La pomme de pin

Pour A.

Il faut regarder autour de soi, tranquillement.

Des choses se signalent à nous. Tranquillement elles aussi, mais avec clarté. Telle la pomme de pin.

Elle est très belle en ce mois d’août. Parfaite, même, dans sa forme et ses proportions, dans ses spirales qui semblent obéir au nombre d’or.

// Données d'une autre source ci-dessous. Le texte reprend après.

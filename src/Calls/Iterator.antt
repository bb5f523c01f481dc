-- ===== src/Calls/Iterator.antt =====
-- qmanager/policies/queue_policy_bf_base_impl.hpp: while the backfill loop is active, its iterator
-- points at a pending job, so that the code never reads through `m_pending.end ()`.
use flux_sched.Common.{
  ℕ, ◌≡◌, ◌≢◌, refl, sym, subst, true, false, Option, none, some, if_intro, Option-cases,
  Bool-cases, inl, inr, ◌&&◌, not, ◌||◌, arith, ◌==◌, [],
}
use flux_sched.OrdMap.{OrdMap, find, nat_key, erase, next, absorb, same_iff}
use flux_sched.OrdMap.Find.{find-erase}
use flux_sched.OrdMap.Iterate.{find-next, find-begin, less_of_next}
use flux_sched.Queue.Job.{Job, PendingKey, pending_key}
use flux_sched.Queue.State.{Queue, Reapi, backfill, Backfill, Errno}
use flux_sched.Queue.Pending.{set_schedulability, write_job}
use flux_sched.Queue.Provisional.{set_sched_loop_active}
use flux_sched.Queue.Frame.{end_sched_loop-Frame}
use flux_sched.Queue.Invariant.Remove.{IsSound}
use flux_sched.Queue.Invariant.Running.{to_running_lem, to_rejected_lem}
use flux_sched.Policy.Fcfs.{Match, is_reserved, reject_note}
use flux_sched.Policy.Backfill.{
  set_backfill, reached_depth, reached_end, finish_loop, try_job, match_job, job_in_progress,
  next_match_iter, first_job, take_provisional, allocate_orelse_reserve_jobs, cancel_each,
  run_sched_loop_bf, reserve_job, allocate_job, count_job, place_job, matched, take_match,
  handle_match_success_bf, drop_estimate, skip_job, reject_job, is_busy, is_nodata, fail_job,
  handle_match_failure_bf,
}
use flux_sched.Policy.Invariant.{write_job-IsSound, job_of_entry}

-- The iterator is at the end or at an entry.
abbrev pub Points : Option PendingKey → OrdMap PendingKey ℕ → Type 0
Points it m = (k : PendingKey) → it ≡ some k → find k m ≢ none

-- While a backfill loop is active, its iterator is at an entry.
abbrev pub IsIterating : Queue → Type 0
IsIterating q =
    (b : Backfill)
    → q.derived ≡ backfill b
    → q.sched_loop_active ≡ true
    → (k : PendingKey) × (b.in_progress_iter ≡ some k) × (find k q.pending ≢ none)

abbrev pub Iterating {ℓ} : {A : Type ℓ} → Queue × A → Type 0
Iterating r = IsIterating r.0

pub idle_lem : (q : Queue) → q.sched_loop_active ≡ false → IsIterating q
idle_lem q idle b e active = absurd (cc)

pub set_idle-IsIterating : (q : Queue) → (set_sched_loop_active false q).0.sched_loop_active ≡ false
unfolding set_sched_loop_active
set_idle-IsIterating q =
    if_intro (λ (r : Queue × ℕ). r.0.sched_loop_active ≡ false) (q.sched_loop_active && not false)
      (λ _. (end_sched_loop-Frame (record q { sched_loop_active = false })).active) (λ _. refl)

pub set_active_lem :
    (q : Queue) → set_sched_loop_active true q ≡ (record q { sched_loop_active = true }, 0)
unfolding set_sched_loop_active
set_active_lem q = elim (Bool-cases q.sched_loop_active) [
  | inl e ↦
      if_intro (λ (r : Queue × ℕ). r ≡ (record q { sched_loop_active = true }, 0))
        (q.sched_loop_active && not true) (λ h. absurd (ground arith)) (λ _. refl)
  | inr e ↦
      if_intro (λ (r : Queue × ℕ). r ≡ (record q { sched_loop_active = true }, 0))
        (q.sched_loop_active && not true) (λ h. absurd (ground arith)) (λ _. refl)
]

pub finish_loop_idle : (b : Backfill) (q : Queue) → (finish_loop b q).sched_loop_active ≡ false
unfolding finish_loop
finish_loop_idle b q =
    if_intro (λ (r : Queue). r.sched_loop_active ≡ false)
      (reached_depth b q && not (reached_end b) && (set_sched_loop_active false q).0.scheduled)
      (λ _. set_idle-IsIterating q) (λ _. set_idle-IsIterating q)

at_entry :
    (b b' : Backfill) (q : Queue)
    → reached_end b ≡ false
    → Points b.in_progress_iter q.pending
    → b'.in_progress_iter ≡ b.in_progress_iter
    → IsIterating (set_backfill b' q)
at_entry b b' q inside points same_iter c e active = elim (Option-cases b.in_progress_iter) [
  | inl i ↦ absurd (ground (arith, inside, i))
  | inr (k, i) ↦ (k, ground (arith, e, i, same_iter), points k i)
]

pub next_match_iter-IsIterating :
    (api : Reapi) (b : Backfill) (q : Queue)
    → Points b.in_progress_iter q.pending
    → IsIterating (next_match_iter api b q).0
unfolding next_match_iter match_job
next_match_iter-IsIterating api b q points =
    if_intro Iterating (reached_end b || reached_depth b q)
      (λ _. idle_lem (finish_loop b (set_backfill b q)) (finish_loop_idle b (set_backfill b q)))
      (λ h.
        let inside : reached_end b ≡ false = ground (arith, h) in
        elim (Option-cases (job_in_progress b q)) [
          | inl e ↦ rw (e, next_match_iter) (at_entry b b q inside points refl)
          | inr (j, e) ↦
              rw (e, next_match_iter)
                (if_intro Iterating (api.json_loads j.jobspec)
                  (λ _. at_entry b (try_job b) q inside points refl)
                  (λ _. at_entry b (try_job b) q inside points refl))
        ])

-- The entry after `k` is still there when `k` is gone.
pub Points-next : (k : PendingKey) (m : OrdMap PendingKey ℕ) → Points (next k m) m
Points-next k m j e = find-next k m j e

pub Points-next-erase : (k : PendingKey) (m : OrdMap PendingKey ℕ) → Points (next k m) (erase k m)
Points-next-erase k m j e h = ground (
  arith,
  find-next k m j e,
  find-erase k j m,
  same_iff k j,
  less_of_next k m j e,
  pending_key.less_irrefl k,
)

-- The place where the loop goes on after an answer.
abbrev pub Resumes : Queue × Backfill → Type 0
Resumes r = Points r.1.in_progress_iter r.0.pending

module _ (q : Queue) (s : IsSound q) (k : PendingKey) (id : ℕ) (j : Job) (b : Backfill)
    (listed : find k q.pending ≡ some id) (found : find id q.jobs ≡ some j) where
  pub place_job-Resumes : (m : Match) → Resumes (place_job m k j b q)
  unfolding place_job reserve_job allocate_job
  place_job-Resumes m =
      if_intro Resumes (is_reserved m) (λ _. Points-next k q.pending)
        (λ _.
          subst (λ (r : Queue × Option PendingKey). Points r.1 r.0.pending)
            (sym (to_running_lem q k id j s.counted listed found)) (Points-next-erase k q.pending))

  pub skip_job-Resumes : Resumes (skip_job k id j b q)
  unfolding skip_job drop_estimate write_job
  skip_job-Resumes =
      if_intro Resumes b.try_reserve (λ _. Points-next-erase k q.pending)
        (λ _. Points-next k q.pending)

  pub reject_job-Resumes : (e : Errno) → Resumes (reject_job k e b q)
  unfolding reject_job
  reject_job-Resumes e =
      subst (λ (r : Queue × Option PendingKey). Points r.1 r.0.pending)
        (sym (to_rejected_lem q k (reject_note e) id j s.counted listed found))
        (Points-next-erase k q.pending)

take_match-IsIterating :
    (api : Reapi) (m : Match) (q : Queue)
    → IsSound q
    → (k : PendingKey) (id : ℕ) (j : Job) (b : Backfill) → find k q.pending ≡ some id
    → find id q.jobs ≡ some j
    → IsIterating q
    → IsIterating (take_match api m k j b q).0
unfolding take_match
take_match-IsIterating api m q s k id j b listed found it =
    let (s', found', listed') =
      write_job-IsSound id j (matched m b j) k listed found refl refl refl s in
    let (q', b') = place_job m k (matched m b j) b (write_job j.id (matched m b j) q) in
    if_intro Iterating (j.id == m.jobid)
      (λ _. next_match_iter-IsIterating api (count_job b') q' (
        place_job-Resumes (write_job j.id (matched m b j) q) s' k id (matched m b j) b listed'
          found' m))
      (λ _. it)

pub handle_match_success_bf-IsIterating :
    (api : Reapi) (m : Match) (b : Backfill) (q : Queue)
    → IsSound q
    → IsIterating q
    → IsIterating (handle_match_success_bf api m b q).0
unfolding handle_match_success_bf
handle_match_success_bf-IsIterating api m b q s it =
    if_intro Iterating q.sched_loop_active
      (λ _. elim (Option-cases b.in_progress_iter) [
        | inl e ↦ rw (e, handle_match_success_bf) it
        | inr (k, e) ↦ elim (Option-cases (find k q.pending)) [
          | inl e' ↦ rw (e, e', handle_match_success_bf) it
          | inr (id, e') ↦
              let (j, found) = job_of_entry s k id e' in
              rw (e, e', found, handle_match_success_bf)
                (take_match-IsIterating api m q s k id j b e' found it)
        ]
      ])
      (λ _. it)

fail_job-IsIterating :
    (api : Reapi) (e : Errno) (q : Queue)
    → IsSound q
    → (k : PendingKey) (id : ℕ) (b : Backfill) → find k q.pending ≡ some id
    → IsIterating (fail_job api e k id b q).0
unfolding fail_job
fail_job-IsIterating api e q s k id b listed =
    let (j, found) = job_of_entry s k id listed in
    let (q1, b1) = skip_job k id j b q in
    let (q2, b2) = reject_job k e b q in
    if_intro Iterating (is_busy e)
      (λ _. rw found (
        next_match_iter-IsIterating api (count_job b1) q1
          (skip_job-Resumes q s k id j b listed found)))
      (λ _.
        next_match_iter-IsIterating api (count_job b2) q2
          (reject_job-Resumes q s k id j b listed found e))

pub handle_match_failure_bf-IsIterating :
    (api : Reapi) (e : Errno) (b : Backfill) (q : Queue)
    → IsSound q
    → IsIterating q
    → IsIterating (handle_match_failure_bf api e b q).0
unfolding handle_match_failure_bf
handle_match_failure_bf-IsIterating api e b q s it =
    if_intro Iterating q.sched_loop_active
      (λ _.
        if_intro Iterating (is_nodata e) (λ _. it)
          (λ _. elim (Option-cases b.in_progress_iter) [
            | inl i ↦ rw (i, handle_match_failure_bf) it
            | inr (k, i) ↦ elim (Option-cases (find k q.pending)) [
              | inl f ↦ rw (i, f, handle_match_failure_bf) it
              | inr (id, f) ↦
                  rw (i, f, handle_match_failure_bf) (fail_job-IsIterating api e q s k id b f)
            ]
          ]))
      (λ _. it)

loop_start-IsIterating :
    (api : Reapi) (b : Backfill) (q : Queue)
    → IsIterating
        (next_match_iter api (first_job b q) (set_sched_loop_active true (take_provisional q)).0).0
loop_start-IsIterating api b q =
    subst (λ (r : Queue × ℕ). IsIterating (next_match_iter api (first_job b q) r.0).0)
      (sym (set_active_lem (take_provisional q)))
      (next_match_iter-IsIterating api (first_job b q)
        (record (take_provisional q) { sched_loop_active = true })
        (λ k e. find-begin (absorb q.pending q.pending_provisional) k e))

pub run_sched_loop_bf-IsIterating :
    (api : Reapi) (b : Backfill) (q : Queue)
    → IsIterating q
    → IsIterating (run_sched_loop_bf api b q).0
unfolding run_sched_loop_bf allocate_orelse_reserve_jobs
run_sched_loop_bf-IsIterating api b q it =
    let b' : Backfill = record b { reserved = [] } in
    let q' : Queue = set_backfill b' (set_schedulability false q) in
    if_intro Iterating q.sched_loop_active
      (λ active. if_intro Iterating q.sched_loop_active (λ _. it) (λ idle. absurd (cc)))
      (λ idle.
        if_intro Iterating (cancel_each api b.reserved == 0)
          (λ _.
            if_intro Iterating q.sched_loop_active (λ _. idle_lem q' idle)
              (λ _. loop_start-IsIterating api b' q'))
          (λ _. idle_lem q' idle))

J’en trouve au sol de formes très différentes. Ici, le pin sylvestre est endémique. C’est un très bel arbre, gracieux dans sa silhouette et résistant. Ses pommes ne sont pas très grandes, assez petites même, mais la rondeur légèrement étoilée de leurs écailles superposées offre une vision harmonieuse, une joie pour l’œil. Quand on regarde une pomme de pin bien conservée, que les intempéries n’ont pas abîmée et que nul pas n’a écrasée, on se sent bien.

Certaines portent de petites flammèches, disposées à intervalles réguliers autour de chaque étage, jusqu’à culminer en une petite couronne. Cette pomme de pin-là est comme une flamme vive, saisie dans du bois.

On les regarde et l’on a envie de jouer avec elles : projectiles légers, combats, luttes joyeuses sur la route.

Celles des Landes peuvent être énormes. D’autres sont minuscules. Toutes sont belles. Toutes ont cette matière étrangement légère.

Les pommes de pin, ce sont aussi le souvenir et la perspective des feux de bois. Avec l’une de mes voisines, nous allions les ramasser en masse en prévision de l’hiver, fourmis industrieuses et/ou sorcières complices des bois.

Et il suffit de prononcer « pomme de pin » pour sentir un parfum : un mélange de menthe et de sève collante, une odeur qui semble déjà dégager les voies respiratoires.

On en ramasse une, et c’est toute la forêt entière qui tient un instant dans la main.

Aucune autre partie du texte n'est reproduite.